Optimization of VDOT Safety Service Patrols to Improve VDOT Response to Incidents; Privacy Concerns in the World of Autonomous Vehicles

Author:
Orlowsky, Matthew, School of Engineering and Applied Science, University of Virginia
Advisors:
Foley, Rider, EN-Engineering and Society, University of Virginia
Porter, Michael, EN-Eng Sys and Environment, University of Virginia
Abstract:

With millions of vehicles on the road each day, traffic delays and interstate congestion result in loss of productivity and millions of dollars each year. A majority of these traffic delays are caused by traffic incidents including crashes and disabled vehicles. These incidents are safety hazards and can lead to secondary crashes. Rapid clearance of these events and scene management during an incident can significantly reduce the impact of congestion. To combat hazardous conditions and decrease congestion related delays, the Virginia Department of Transportation (VDOT) has a fleet of Safety Service Patrols (SSP) that monitor highway conditions and assist emergency responders in scene clearance and traffic management. Managers of the SSP program seek to schedule patrollers in a manner that optimizes their influence on safety and congestion.
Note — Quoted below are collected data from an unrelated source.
-- ===== src/Xv6/Pipe/Laws.antt =====
-- pipewrite and piperead of B22CS052/Helpful/pipe.c on the queue of bytes in the pipe.
use os_project.Base.{
  ℕ, zero, suc, ◌+◌, ◌%◌, ◌^◌, ◌≤◌, ◌<◌, ◌≡◌, ◌≢◌, ◌⊎◌, inl, inr, refl, sym, ap, ap₂, ◌∙◌, Bool,
  true, false, not, ◌&&◌, ◌||◌, List, [], ◌∷◌, ◌++◌, ◌==◌, if◌then◌else◌, arith, All, length,
  update, add32, sub32, window_of, length-window_of, window_of-append, window_of-update, Apart,
  Bool-cases,
}
use mathlib.Core.List.{append_assoc}
use os_project.Xv6.Pipe.{
  Pipe, pipesize, put_byte, WriteEnd, written, refused, write_asleep, pipewrite, copy_bytes,
  ReadEnd, returned, killed_reader, read_asleep, piperead,
}

pub record IsValid (p : Pipe) : Type 0 where
  pub words : (p.nread < 2 ^ 32) × (p.nwrite < 2 ^ 32)
  pub fits : sub32 p.nwrite p.nread ≤ pipesize

-- The bytes in the pipe, the next to be read first.
abbrev pub queue : Pipe → List ℕ
queue p = window_of pipesize p.bytes p.nread (sub32 p.nwrite p.nread)

length-queue : (p : Pipe) → length (queue p) ≡ sub32 p.nwrite p.nread
length-queue p = length-window_of pipesize p.bytes p.nread (sub32 p.nwrite p.nread)

apart : Apart pipesize
apart i j hi hj h k = omega (arith, hi, hj, h, k)

module _ (c : ℕ) (p : Pipe) (v : IsValid p) (room : p.nwrite ≢ add32 p.nread pipesize) where
  put_byte-IsValid : IsValid (put_byte c p)
  unfolding put_byte
  put_byte-IsValid = omega (arith, v.words, v.fits, room)

  queue-put_byte : c < 256 → queue (put_byte c p) ≡ queue p ++ (c ∷ [])
  unfolding put_byte
  queue-put_byte small =
      let count : ℕ = sub32 p.nwrite p.nread in
      let more : sub32 (add32 p.nwrite 1) p.nread ≡ count + 1 =
        omega (arith, v.words, v.fits, room) in
      let here : p.nwrite ≡ add32 p.nread count = omega (arith, v.words) in
      let bytes : ℕ → ℕ = update p.bytes (p.nwrite % pipesize) (c % 256) in
      ap (window_of pipesize bytes p.nread) more
      ∙ window_of-append pipesize bytes p.nread p.nwrite count 1 (omega (arith, v.words)) here
      ∙ ap₂ ◌++◌
          (window_of-update pipesize apart p.bytes p.nread p.nwrite (c % 256) count v.words.0
            v.words.1 (omega arith) (omega (arith, v.words, v.fits, room)))
          (ap (λ b. b ∷ []) (ground (arith, small)))

-- How a write ends: all is in the pipe, or it is full and the rest waits with a sleeping writer or is
-- lost with a refused one.
abbrev pub Ends : Bool → Pipe → WriteEnd → List ℕ → Type 0
Ends killed p end rest =
    ((end ≡ written) × (rest ≡ []))
    ⊎ ((length (queue p) ≡ pipesize)
        × (rest ≢ [])
        × (end ≡ (if not p.readopen || killed then refused else write_asleep rest)))

-- A write appends bytes in order, all of them or as many as the pipe has room for: what the pipe
-- holds then and what is left over are what it held and what was to be written. It ends short
-- only when the pipe is full, with -1 if no reader is there or the writer is killed, asleep otherwise.
pub pipewrite_refines :
    (killed : Bool) (cs : List ℕ) (p : Pipe)
    → All (λ c. c < 256) cs
    → IsValid p
    → (rest : List ℕ) × IsValid (pipewrite killed cs p).1
      × (queue (pipewrite killed cs p).1 ++ rest ≡ queue p ++ cs)
      × Ends killed (pipewrite killed cs p).1 (pipewrite killed cs p).0 rest
unfolding pipewrite
pipewrite_refines killed [] p b v = ([], omega (arith, v), refl, inl (refl, refl))
pipewrite_refines killed (c ∷ cs) p b v = elim (Bool-cases (p.nwrite == add32 p.nread pipesize)) [
  | inl full ↦
      let all : length (queue p) ≡ pipesize = length-queue p ∙ ground (arith, full, v.words) in
      elim (Bool-cases (not p.readopen || killed)) [
        | inl out ↦ rw (full, out) (c ∷ cs, v, refl, inr (all, λ e. cc e, rw out refl))
        | inr out ↦
            rw (full, out)
              (c ∷ cs, omega (arith, v.words, v.fits), refl, inr (all, λ e. cc e, rw out refl))
      ]
  | inr room ↦
      let ne : p.nwrite ≢ add32 p.nread pipesize = ground (arith, room) in
      let (rest, valid, same, ends) =
        pipewrite_refines killed cs (put_byte c p) b.1 (put_byte-IsValid c p v ne) in
      rw room (
        rest,
        valid,
        same ∙ ap (λ l. l ++ cs) (queue-put_byte c p v ne b.0) ∙ append_assoc (queue p) (c ∷ []) cs,
        ends,
      )
]

-- The first byte, and the pipe behind it.
abbrev advance : Pipe → Pipe
advance p = record p { nread = add32 p.nread 1 }

advance-IsValid : (p : Pipe) → IsValid p → p.nread ≢ p.nwrite → IsValid (advance p)
advance-IsValid p v ne = omega (arith, v.words, v.fits, ne)

queue-cons :
    (p : Pipe)
    → IsValid p
    → p.nread ≢ p.nwrite
    → queue p ≡ p.bytes (p.nread % pipesize) ∷ queue (advance p)
queue-cons p v ne =
    let k : sub32 p.nwrite p.nread ≡ suc (sub32 p.nwrite (add32 p.nread 1)) =
      omega (arith, v.words, ne) in
    ap (window_of pipesize p.bytes p.nread) k

queue-nil : (p : Pipe) → p.nread ≡ p.nwrite → queue p ≡ []
queue-nil p e =
    let none_left : sub32 p.nwrite p.nread ≡ 0 = omega (arith, e) in
    ap (window_of pipesize p.bytes p.nread) none_left

-- The bytes that are copied, and what stays, are the queue; as many are copied as are wanted and there.
copy_bytes_lem :
    (n : ℕ) (p : Pipe)
    → IsValid p
    → IsValid (copy_bytes n p).1
      × ((copy_bytes n p).0 ++ queue (copy_bytes n p).1 ≡ queue p)
      × ((length (copy_bytes n p).0 ≡ n)
          ⊎ ((length (copy_bytes n p).0 < n) × (queue (copy_bytes n p).1 ≡ [])))
unfolding copy_bytes
copy_bytes_lem zero p v = (v, refl, inl refl)
copy_bytes_lem (suc n) p v = elim (Bool-cases (p.nread == p.nwrite)) [
  | inl none_left ↦
      rw none_left (v, refl, inr (omega arith, queue-nil p (ground (arith, none_left))))
  | inr some_left ↦
      let ne : p.nread ≢ p.nwrite = ground (arith, some_left) in
      let (valid, same, taken) = copy_bytes_lem n (advance p) (advance-IsValid p v ne) in
      rw some_left (
        valid,
        ap (λ l. p.bytes (p.nread % pipesize) ∷ l) same ∙ sym (queue-cons p v ne),
        ground (arith, taken),
      )
]

-- How a read of `n` bytes ends. It sleeps, or gives -1 to a killed reader, only on an empty pipe that
-- a writer has open; else it returns the front of the queue, `n` bytes or all that there are.
abbrev pub Reads : Bool → ℕ → Pipe → ReadEnd → Pipe → Type 0
Reads killed n p (returned bytes) p' =
    (bytes ++ queue p' ≡ queue p)
    × ((length bytes ≡ n) ⊎ ((length bytes < n) × (queue p' ≡ [])))
    × ((queue p ≢ []) ⊎ (p.writeopen ≡ false))
Reads killed n p killed_reader p' =
    (killed ≡ true) × (queue p ≡ []) × (p.writeopen ≡ true) × (p' ≡ p)
Reads killed n p read_asleep p' =
    (killed ≡ false) × (queue p ≡ []) × (p.writeopen ≡ true) × (p' ≡ p)

not_waiting :
    (p : Pipe)
    → IsValid p
    → (p.nread == p.nwrite && p.writeopen) ≡ false
    → (queue p ≢ []) ⊎ (p.writeopen ≡ false)
not_waiting p v go = elim (Bool-cases p.writeopen) [
  | inl w ↦
      let ne : p.nread ≢ p.nwrite = ground (arith, go, w) in inl (λ e. cc (e, queue-cons p v ne))
  | inr w ↦ inr w
]

-- A read takes bytes from the front, in order, `n` or all that there are; what it leaves is the rest.
-- It returns no byte to a reader that wants some only at the end of the file: when the pipe is empty
-- and no writer has it open. With a writer it waits for the first byte.
pub piperead_refines :
    (killed : Bool) (n : ℕ) (p : Pipe)
    → IsValid p
    → IsValid (piperead killed n p).1
      × Reads killed n p (piperead killed n p).0 (piperead killed n p).1
unfolding piperead
piperead_refines killed n p v =
    let (valid, same, taken) = copy_bytes_lem n p v in
    elim (Bool-cases (p.nread == p.nwrite && p.writeopen)) [
      | inl wait ↦
          let empty : queue p ≡ [] = queue-nil p (ground (arith, wait)) in
          let open_end : p.writeopen ≡ true = ground (arith, wait) in
          elim (Bool-cases killed) [
            | inl k ↦ rw (wait, k) (v, (refl, empty, open_end, refl))
            | inr k ↦ rw (wait, k) (v, (refl, empty, open_end, refl))
          ]
      | inr go ↦ rw go (omega (arith, valid), (same, taken, not_waiting p v go))
    ]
The technical project proposes a Genetic Algorithm based route scheduling algorithm that assigns SSP routes with the goal of minimizing the total time vehicles are stranded before an SSP vehicle arrives. The algorithm will adapt to different incident rates and response times to produce schedules that vary by time-of-day and day-of-week. The results indicate that a new route schedule could lead to a reduction in total time waiting for VDOT assistance, helping VDOT maintain safety, increase impact, and Keep Virginia Moving.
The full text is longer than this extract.